▶ Requirement: Write out again, exactly, the lines below starting at the one with "insert_all-insert_right js [] i = refl" and ending at the one with "insert_all_assoc xs ys (k".
##### Supplied data
-- ===== src/Availability/Sets.antt =====
-- Index sets: inserting is commutative and idempotent, so unions are associative and commutative.
use cicest.Prelude.{ℕ, ◌≡◌, ◌<◌, refl, sym, ap, ◌∙◌, List, [], ◌∷◌, arith}
use cicest.Availability.{insert, insert_all}

pub insert_comm : (i j : ℕ) (js : List ℕ) → insert i (insert j js) ≡ insert j (insert i js)
unfolding insert
insert_comm i j [] = ground arith
insert_comm i j (x ∷ js) = ground (arith, insert_comm i j js)

pub insert_idem : (i : ℕ) (js : List ℕ) → insert i (insert i js) ≡ insert i js
unfolding insert
insert_idem i [] = ground arith
insert_idem i (x ∷ js) = ground (arith, insert_idem i js)

-- An insertion below a union goes to its top.
insert_all-insert :
    (js is : List ℕ) (i : ℕ) → insert_all (insert i js) is ≡ insert i (insert_all js is)
unfolding insert_all
insert_all-insert js [] i = refl
insert_all-insert js (k ∷ is) i =
    ap (λ s. insert_all s is) (insert_comm k i js) ∙ insert_all-insert (insert k js) is i

-- An insertion into the right side too.
insert_all-insert_right :
    (js is : List ℕ) (i : ℕ) → insert_all js (insert i is) ≡ insert i (insert_all js is)
unfolding insert_all insert
insert_all-insert_right js [] i = refl
insert_all-insert_right js (k ∷ is) i = ground (
  arith,
  insert_all-insert (insert k js) is i,
  insert_all-insert (insert k js) is k,
  insert_comm k i js,
  insert_idem k js,
  insert_all-insert_right (insert k js) is i,
)

pub insert_all_assoc :
    (xs ys zs : List ℕ) → insert_all (insert_all xs ys) zs ≡ insert_all xs (insert_all ys zs)
unfolding insert_all
insert_all_assoc xs ys [] = refl
insert_all_assoc xs ys (k ∷ zs) =
    ap (λ s. insert_all s zs) (sym (insert_all-insert_right xs ys k))
    ∙ insert_all_assoc xs (insert k ys) zs

-- The invariant of a set: its elements ascend.
abbrev pub Ascending : List ℕ → Type 0
Ascending [] = Unit
Ascending (i ∷ []) = Unit
Ascending (i ∷ j ∷ js) = (i < j) × Ascending (j ∷ js)

pub insert-Ascending : (i : ℕ) (js : List ℕ) → Ascending js → Ascending (insert i js)
unfolding insert
insert-Ascending i [] h = tt
insert-Ascending i (j ∷ []) h = ground arith
insert-Ascending i (j ∷ k ∷ js) (h, t) = ground (arith, insert-Ascending i (k ∷ js) t)

pub insert_all-Ascending : (js is : List ℕ) → Ascending js → Ascending (insert_all js is)
unfolding insert_all
insert_all-Ascending js [] h = h
insert_all-Ascending js (i ∷ is) h = insert_all-Ascending (insert i js) is (insert-Ascending i js h)

insert_least : (i : ℕ) (js : List ℕ) → Ascending (i ∷ js) → insert i js ≡ i ∷ js
unfolding insert
insert_least i [] h = refl
insert_least i (j ∷ js) (h, t) = ground arith

Ascending-tail : (i : ℕ) (js : List ℕ) → Ascending (i ∷ js) → Ascending js
Ascending-tail i [] h = tt
Ascending-tail i (j ∷ js) h = h.1

pub insert_all-nil : (js : List ℕ) → Ascending js → insert_all [] js ≡ js
unfolding insert_all
insert_all-nil [] h = refl
insert_all-nil (i ∷ js) h =
    insert_all-insert [] js i
    ∙ ap (insert i) (insert_all-nil js (Ascending-tail i js h))
    ∙ insert_least i js h

pub insert_all_comm :
    (xs ys : List ℕ) → Ascending xs → Ascending ys → insert_all xs ys ≡ insert_all ys xs
unfolding insert_all
insert_all_comm xs [] h g = sym (insert_all-nil xs h)
insert_all_comm xs (k ∷ ys) h g =
    insert_all-insert xs ys k
    ∙ ap (insert k) (insert_all_comm xs ys h (Ascending-tail k ys g))
    ∙ sym (insert_all-insert ys xs k)
    ∙ ap (λ s. insert_all s xs) (insert_least k ys g)
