-- ===== src/Availability/Join.antt =====
-- The join of availability summaries.
use cicest.Prelude.{
  Bool-cases, ◌≡◌, refl, sym, ap, ◌∙◌, subst, Bool, true, false, ◌||◌, Option, none, arith, inl,
  inr, if◌then◌else◌,
}
use cicest.Ty.Shape.{same_shape_refl}
use cicest.Ty.{ty, same_shape_as, Ty, is_never, contains_runtime_tag}
use cicest.Ty.Tests.{runtime_of}
use cicest.Availability.{
  AvailabilityKind, ct, rt, Availability, availability_ct, availability_join, insert_all,
  first_evidence, TyRuntimeEvidence, is_rt, make_ty_expr, availability_from_type,
  with_availability_projection, set_is_runtime,
}
use cicest.Availability.Sets.{
  Ascending, insert_all_assoc, insert_all_comm, insert_all-Ascending, insert_all-nil,
}

-- A summary as the code builds it: compile-time values carry no evidence, and the index set is in order.
pub record IsSummary (a : Availability) : Type 0 where
  pub no_evidence : a.kind ≡ ct → a.evidence ≡ none
  pub ordered : Ascending a.runtime_allowed_param_indices

abbrev kind_join : AvailabilityKind → AvailabilityKind → AvailabilityKind
kind_join ct k = k
kind_join rt k = rt

-- One formula for the four branches.
abbrev join_formula : Availability → Availability → Availability
join_formula a b = record {
  kind = kind_join a.kind b.kind;
  evidence = first_evidence a.evidence b.evidence;
  depends_on_runtime_allowed_param =
      a.depends_on_runtime_allowed_param || b.depends_on_runtime_allowed_param;
  runtime_allowed_param_indices =
      insert_all a.runtime_allowed_param_indices b.runtime_allowed_param_indices;
}

join-formula :
    (a b : Availability) → IsSummary a → IsSummary b → availability_join a b ≡ join_formula a b
unfolding availability_join
join-formula a b h g = ground (
  arith,
  h.no_evidence,
  g.no_evidence,
  insert_all_comm a.runtime_allowed_param_indices b.runtime_allowed_param_indices h.ordered
      g.ordered,
)

pub join-IsSummary :
    (a b : Availability) → IsSummary a → IsSummary b → IsSummary (availability_join a b)
join-IsSummary a b h g = subst IsSummary (sym (join-formula a b h g)) (record {
  no_evidence = λ e. ground (arith, h.no_evidence, g.no_evidence);
  ordered = insert_all-Ascending a.runtime_allowed_param_indices _ h.ordered;
})

pub availability_ct-IsSummary : IsSummary availability_ct
availability_ct-IsSummary = record { no_evidence = λ e. refl; ordered = tt }

formula_assoc :
    (a b c : Availability) → join_formula (join_formula a b) c ≡ join_formula a (join_formula b c)
formula_assoc a b c = ground (
  arith,
  insert_all_assoc a.runtime_allowed_param_indices b.runtime_allowed_param_indices
      c.runtime_allowed_param_indices,
)

formula_unit : (a : Availability) → join_formula a availability_ct ≡ a
unfolding insert_all
formula_unit a = ground arith

-- Summaries are a monoid under `availability_join`, with the compile-time summary as its unit: the order of the
-- values is kept for the evidence, and grouping does not matter.
pub availability_join_monoid :
    (a b c : Availability)
    → IsSummary a
    → IsSummary b
    → IsSummary c
    → (availability_join (availability_join a b) c ≡ availability_join a (availability_join b c))
      × (availability_join availability_ct a ≡ a)
      × (availability_join a availability_ct ≡ a)
availability_join_monoid a b c h g f = (
  join-formula (availability_join a b) c (join-IsSummary a b h g) f
      ∙ ap (λ x. join_formula x c) (join-formula a b h g)
      ∙ formula_assoc a b c
      ∙ ap (join_formula a) (sym (join-formula b c g f))
      ∙ sym (join-formula a (availability_join b c) h (join-IsSummary b c g f)),
  join-formula availability_ct a availability_ct-IsSummary h
      ∙ ground (arith, insert_all-nil a.runtime_allowed_param_indices h.ordered),
  join-formula a availability_ct h availability_ct-IsSummary ∙ formula_unit a,
)

pub is_rt-join :
    (a b : Availability) → is_rt (availability_join a b).kind ≡ (is_rt a.kind || is_rt b.kind)
unfolding availability_join
is_rt-join a b = ground arith

-- The evidence of a value that depends on the runtime.
abbrev pub live_evidence : Availability → Option TyRuntimeEvidence
live_evidence a = if is_rt a.kind then a.evidence else none

-- A join depends on the runtime exactly when one of its sides does, the evidence is the first that such a side has,
-- and the join may depend on a runtime-allowed parameter when one of its sides may.
pub availability_join_runtime :
    (a b : Availability)
    → (is_rt (availability_join a b).kind ≡ (is_rt a.kind || is_rt b.kind))
      × (live_evidence (availability_join a b) ≡ first_evidence (live_evidence a) (live_evidence b))
      × ((availability_join a b).depends_on_runtime_allowed_param
          ≡ (a.depends_on_runtime_allowed_param || b.depends_on_runtime_allowed_param))
unfolding availability_join
availability_join_runtime a b = ground arith

from_type_kind : (t : Ty) → is_rt (availability_from_type t).kind ≡ contains_runtime_tag t
unfolding availability_from_type
from_type_kind t = ground arith

depends :
    (t : Ty) (a : Availability)
    → is_rt (make_ty_expr t a).1.kind ≡ (contains_runtime_tag t || is_rt a.kind)
unfolding make_ty_expr
depends t a =
    is_rt-join (availability_from_type t) a ∙ ap (λ b. b || is_rt a.kind) (from_type_kind t)

tagged_projection :
    (t : Ty) (a : Availability)
    → is_never t ≡ false
    → runtime_of (with_availability_projection t a) ≡ is_rt a.kind
unfolding with_availability_projection
tagged_projection (ty k n d gs p s r) a h = rw h refl

tagged :
    (t : Ty) (a : Availability)
    → is_never t ≡ false
    → runtime_of (make_ty_expr t a).0 ≡ is_rt (make_ty_expr t a).1.kind
unfolding make_ty_expr
tagged t a h = tagged_projection t (availability_join (availability_from_type t) a) h

shape-set_is_runtime : (t : Ty) (b : Bool) → same_shape_as t (set_is_runtime t b) ≡ true
unfolding same_shape_as
shape-set_is_runtime (ty k n d gs p s r) b = same_shape_refl (ty k n d gs p s r)

shaped_projection :
    (t : Ty) (a : Availability) → same_shape_as t (with_availability_projection t a) ≡ true
unfolding with_availability_projection
shaped_projection t a = elim (Bool-cases (is_never t)) [
  | inl bottom ↦ rw bottom (same_shape_refl t)
  | inr proper ↦ rw proper (shape-set_is_runtime t (is_rt a.kind))
]

shaped : (t : Ty) (a : Availability) → same_shape_as t (make_ty_expr t a).0 ≡ true
unfolding make_ty_expr
shaped t a = shaped_projection t (availability_join (availability_from_type t) a)

-- An expression's type and availability agree once it is built: unless the type is `!`, its runtime tag says whether
-- the value depends on the runtime; the value does exactly when the given availability does or the given type carries
-- a runtime tag at any level; and the tag is all that changes of the type's shape.
pub make_ty_expr_consistent :
    (t : Ty) (a : Availability)
    → (is_never t ≡ false → runtime_of (make_ty_expr t a).0 ≡ is_rt (make_ty_expr t a).1.kind)
      × (is_rt (make_ty_expr t a).1.kind ≡ (contains_runtime_tag t || is_rt a.kind))
      × (same_shape_as t (make_ty_expr t a).0 ≡ true)
make_ty_expr_consistent t a = (tagged t a, depends t a, shaped t a)
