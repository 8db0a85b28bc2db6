-- ===== src/Availability/Residue.antt =====
-- compiler/cstc_tyir/include/cstc_tyir/tyir.hpp: whether a call may be evaluated at compile time.
use cicest.Prelude.{◌≡◌, refl, ap, ◌∙◌, Bool, true, false, not, ◌&&◌, ◌||◌, arith, if◌then◌else◌}
use cicest.Ty.{Ty, contains_runtime_tag}
use cicest.Availability.{Availability, is_rt, is_ct_available, make_ty_expr}
use cicest.Availability.Join.{make_ty_expr_consistent}

pub data CallResidue : Type 0 where
  ct_eligible runtime_barrier : CallResidue

unfoldable pub call_residue_from_availability : Availability → CallResidue
call_residue_from_availability a = if is_ct_available a then ct_eligible else runtime_barrier

-- The residue that the call's node stores, and the availability of the expression.
unfoldable pub call_residue_for_expr : Availability → CallResidue → CallResidue
call_residue_for_expr a runtime_barrier = runtime_barrier
call_residue_for_expr a ct_eligible = call_residue_from_availability a

abbrev pub is_eligible : CallResidue → Bool
is_eligible ct_eligible = true
is_eligible runtime_barrier = false

residue-kind :
    (a : Availability) (stored : CallResidue)
    → is_eligible (call_residue_for_expr a stored) ≡ (is_eligible stored && not (is_rt a.kind))
unfolding call_residue_for_expr call_residue_from_availability is_ct_available
residue-kind a ct_eligible = ground arith
residue-kind a runtime_barrier = refl

-- A call that was built with a type and an availability may be evaluated at compile time exactly when its node is
-- stored as eligible, the type has no runtime tag at any level, and the availability does not depend on the runtime.
pub call_residue_for_expr_lem :
    (t : Ty) (a : Availability) (stored : CallResidue)
    → is_eligible (call_residue_for_expr (make_ty_expr t a).1 stored)
      ≡ (is_eligible stored && not (contains_runtime_tag t || is_rt a.kind))
call_residue_for_expr_lem t a stored =
    let (_, depends, _) = make_ty_expr_consistent t a in
    residue-kind (make_ty_expr t a).1 stored ∙ ap (λ b. is_eligible stored && not b) depends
##########
▶ Your response:
insert_all-insert_right js [] i = refl
insert_all-insert_right js (k ∷ is) i = ground (
  arith,
  insert_all-insert (insert k js) is i,
  insert_all-insert (insert k js) is k,
  insert_comm k i js,
  insert_idem k js,
  insert_all-insert_right (insert k js) is i,
)

pub insert_all_assoc :
    (xs ys zs : List ℕ) → insert_all (insert_all xs ys) zs ≡ insert_all xs (insert_all ys zs)
unfolding insert_all
insert_all_assoc xs ys [] = refl
insert_all_assoc xs ys (k ∷ zs) =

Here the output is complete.